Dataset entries
◆ ◆ ◆

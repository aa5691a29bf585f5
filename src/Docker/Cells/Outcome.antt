-- ===== src/Docker/Cells/Outcome.antt =====
-- What a caller may conclude from the result of a cell.
use henry.Prelude.{ℕ, zero, suc, ◌≤◌, ◌<◌, ◌≡◌, refl, false, Option, none, some, arith}
use henry.Prelude.Int.{ℤ, pos, negsuc}
use henry.Result.{Result, ok, err, Ensures}
use henry.Json.{Json}
use henry.SandboxTypes.{SandboxPolicy, CellResult}
use henry.Docker.Payload.{cell_result_from_payload, cell_result_from_payload-trusted}
use henry.Docker.Cells.{
  Codec, bounded_timeout, timeout_cell, transport_error_cell, ExecOutcome, cancelled, timed_out,
  failed, exited, judged, decoded, cell_outcome, split_exec_output,
}

-- The timeout that a cell runs with is positive and within the policy, if the policy's own are.
pub bounded_timeout_bounds :
    (t : Option ℤ) (policy : SandboxPolicy) (n : ℕ)
    → 0 < policy.default_timeout_s
    → policy.default_timeout_s ≤ policy.max_timeout_s
    → bounded_timeout t policy ≡ ok n
    → (0 < n) × (n ≤ policy.max_timeout_s)
unfolding bounded_timeout
bounded_timeout_bounds none policy n p q h = ground arith
bounded_timeout_bounds (some (pos zero)) policy n p q h = cc
bounded_timeout_bounds (some (pos (suc k))) policy n p q h = ground arith
bounded_timeout_bounds (some (negsuc k)) policy n p q h = cc

judged-invalidated :
    (m : Result CellResult)
    → Ensures (λ r. r.session_invalidated ≡ false) m
    → (judged m).0.session_invalidated ≡ (judged m).1
unfolding judged transport_error_cell
judged-invalidated (ok r) h = ground (arith, h r refl)
judged-invalidated (err e) h = refl

decoded-invalidated :
    (payload : Option Json) → (decoded payload).0.session_invalidated ≡ (decoded payload).1
unfolding decoded transport_error_cell
decoded-invalidated none = refl
decoded-invalidated (some j) =
    judged-invalidated (cell_result_from_payload j) (cell_result_from_payload-trusted j)

-- A result says that the session is gone exactly when `exec_cell` has torn it down.
pub cell_outcome-invalidated :
    (codec : Codec) (timeout : ℕ) (o : ExecOutcome) (r : CellResult)
    → (cell_outcome codec timeout o).0 ≡ some r
    → r.session_invalidated ≡ (cell_outcome codec timeout o).1
unfolding cell_outcome timeout_cell transport_error_cell
cell_outcome-invalidated codec timeout cancelled r h = cc
cell_outcome-invalidated codec timeout timed_out r h = ground arith
cell_outcome-invalidated codec timeout failed r h = ground arith
cell_outcome-invalidated codec timeout (exited c out) r h =
    ground (arith, decoded-invalidated (codec.loads (split_exec_output out).0))
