-- ===== src/PosixPath.antt =====
-- posixpath.normpath, join, dirname and basename of the Python standard library, over code points.
pub mod Normal
pub mod Relative
pub mod Joined
use henry.Prelude.{ℕ, Bool, true, false, not, ◌&&◌, ◌||◌, List, [], ◌∷◌, ◌++◌, ◌==◌, if◌then◌else◌}
use henry.Text.{Text, ◌===◌, starts_with, has_char, split, join}

-- The separator, `.` and `..`.
abbrev pub slash : ℕ
slash = b'/'

abbrev pub dot : Text
dot = b'.' ∷ []

abbrev pub dotdot : Text
dotdot = b'.' ∷ b'.' ∷ []

abbrev pub root : Text
root = slash ∷ []

-- Two slashes at the start stay two; one, or three and more, count as one.
initial_slashes : Text → Text
initial_slashes path =
    if starts_with (slash ∷ slash ∷ []) path && not (starts_with (slash ∷ slash ∷ slash ∷ []) path)
    then slash ∷ slash ∷ []
    else if starts_with (slash ∷ []) path
    then slash ∷ []
    else []

-- One round of normpath's loop. The components found so far stand last first.
push_component : Bool → List Text → Text → List Text
push_component rooted [] comp = if comp === dotdot && rooted then [] else comp ∷ []
push_component rooted (last ∷ done) comp =
    if not (comp === dotdot) || last === dotdot then comp ∷ last ∷ done else done

step : Bool → List Text → Text → List Text
unfolding push_component
step rooted done comp =
    if comp === [] || comp === dot then done else push_component rooted done comp

components : Bool → List Text → List Text → List Text
components rooted done [] = done
components rooted done (comp ∷ rest) = components rooted (step rooted done comp) rest

pub rev : List Text → List Text → List Text
rev acc [] = acc
rev acc (w ∷ ws) = rev (w ∷ acc) ws

pub or_dot : Text → Text
or_dot [] = dot
or_dot (c ∷ t) = c ∷ t

-- `posixpath.normpath(path)`; the empty path gives `.` too.
unfoldable pub normpath : Text → Text
unfolding initial_slashes step components rev or_dot
normpath path =
    let comps = components (starts_with root path) [] (split slash path) in
    or_dot (initial_slashes path ++ join root (rev [] comps))

ends_with_slash : Text → Bool
ends_with_slash [] = false
ends_with_slash (c ∷ []) = c == slash
ends_with_slash (c ∷ d ∷ t) = ends_with_slash (d ∷ t)

-- `posixpath.join(a, b)`
unfoldable pub join_path : Text → Text → Text
unfolding ends_with_slash
join_path a b =
    if starts_with root b
    then b
    else if a === [] || ends_with_slash a
    then a ++ b
    else a ++ slash ∷ b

◆ ◆ ◆

Starting with the line with "unfolding initial_slashes step" above and going on through the line with "ends_with_slash (c ∷ []) = c == slash", transcribe every line exactly, both ends included, and add nothing.

◆ Written answer
unfolding initial_slashes step components rev or_dot
normpath path =
    let comps = components (starts_with root path) [] (split slash path) in
    or_dot (initial_slashes path ++ join root (rev [] comps))

ends_with_slash : Text → Bool
ends_with_slash [] = false
ends_with_slash (c ∷ []) = c == slash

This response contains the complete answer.